━━ THE INPUT ━━
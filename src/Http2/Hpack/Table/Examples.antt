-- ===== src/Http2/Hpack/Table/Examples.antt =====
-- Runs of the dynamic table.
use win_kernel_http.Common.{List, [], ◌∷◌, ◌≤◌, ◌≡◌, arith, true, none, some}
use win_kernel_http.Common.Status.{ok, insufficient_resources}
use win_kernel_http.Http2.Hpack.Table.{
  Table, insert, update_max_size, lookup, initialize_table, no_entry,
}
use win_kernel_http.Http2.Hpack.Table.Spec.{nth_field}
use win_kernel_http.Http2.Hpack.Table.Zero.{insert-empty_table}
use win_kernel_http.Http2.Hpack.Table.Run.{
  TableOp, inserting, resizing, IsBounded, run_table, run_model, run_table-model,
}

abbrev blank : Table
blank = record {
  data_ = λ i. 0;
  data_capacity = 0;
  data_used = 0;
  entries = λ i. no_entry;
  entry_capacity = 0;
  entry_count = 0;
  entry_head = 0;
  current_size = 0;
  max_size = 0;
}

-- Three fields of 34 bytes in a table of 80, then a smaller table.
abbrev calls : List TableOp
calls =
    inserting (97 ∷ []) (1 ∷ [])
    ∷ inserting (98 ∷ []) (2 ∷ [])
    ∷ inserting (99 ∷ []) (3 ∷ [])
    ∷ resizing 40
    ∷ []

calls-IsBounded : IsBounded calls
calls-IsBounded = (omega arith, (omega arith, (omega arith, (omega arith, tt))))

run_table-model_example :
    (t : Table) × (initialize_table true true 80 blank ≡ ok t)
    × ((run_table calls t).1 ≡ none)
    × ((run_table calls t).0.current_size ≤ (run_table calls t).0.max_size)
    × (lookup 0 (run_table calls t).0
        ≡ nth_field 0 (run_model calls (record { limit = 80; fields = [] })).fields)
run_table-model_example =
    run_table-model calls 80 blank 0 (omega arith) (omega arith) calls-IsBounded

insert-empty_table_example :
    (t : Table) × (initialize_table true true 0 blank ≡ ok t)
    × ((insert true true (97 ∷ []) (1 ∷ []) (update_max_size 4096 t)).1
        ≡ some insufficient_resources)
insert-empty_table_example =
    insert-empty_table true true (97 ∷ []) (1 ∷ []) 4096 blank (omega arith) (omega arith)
━━━
▸ PROBLEM:
When copying the data above, please keep exactly the lines from its first line through the line with "0 (run_table calls t).0", both ends included, and drop the rest.

▸ WORKED SOLUTION:
filename src/Http2/Hpack/Table/Examples.antt
-- ===== src/Http2/Hpack/Table/Examples.antt =====
-- Runs of the dynamic table.
use win_kernel_http.Common.{List, [], ◌∷◌, ◌≤◌, ◌≡◌, arith, true, none, some}
use win_kernel_http.Common.Status.{ok, insufficient_resources}
use win_kernel_http.Http2.Hpack.Table.{
  Table, insert, update_max_size, lookup, initialize_table, no_entry,
}
use win_kernel_http.Http2.Hpack.Table.Spec.{nth_field}
use win_kernel_http.Http2.Hpack.Table.Zero.{insert-empty_table}
use win_kernel_http.Http2.Hpack.Table.Run.{
  TableOp, inserting, resizing, IsBounded, run_table, run_model, run_table-model,
}

abbrev blank : Table
blank = record {
  data_ = λ i. 0;
  data_capacity = 0;
  data_used = 0;
  entries = λ i. no_entry;
  entry_capacity = 0;
  entry_count = 0;
  entry_head = 0;
  current_size = 0;
  max_size = 0;
}

-- Three fields of 34 bytes in a table of 80, then a smaller table.
abbrev calls : List TableOp
calls =
    inserting (97 ∷ []) (1 ∷ [])
    ∷ inserting (98 ∷ []) (2 ∷ [])
    ∷ inserting (99 ∷ []) (3 ∷ [])
    ∷ resizing 40
    ∷ []

calls-IsBounded : IsBounded calls
calls-IsBounded = (omega arith, (omega arith, (omega arith, (omega arith, tt))))

run_table-model_example :
    (t : Table) × (initialize_table true true 80 blank ≡ ok t)
    × ((run_table calls t).1 ≡ none)
    × ((run_table calls t).0.current_size ≤ (run_table calls t).0.max_size)
    × (lookup 0 (run_table calls t).0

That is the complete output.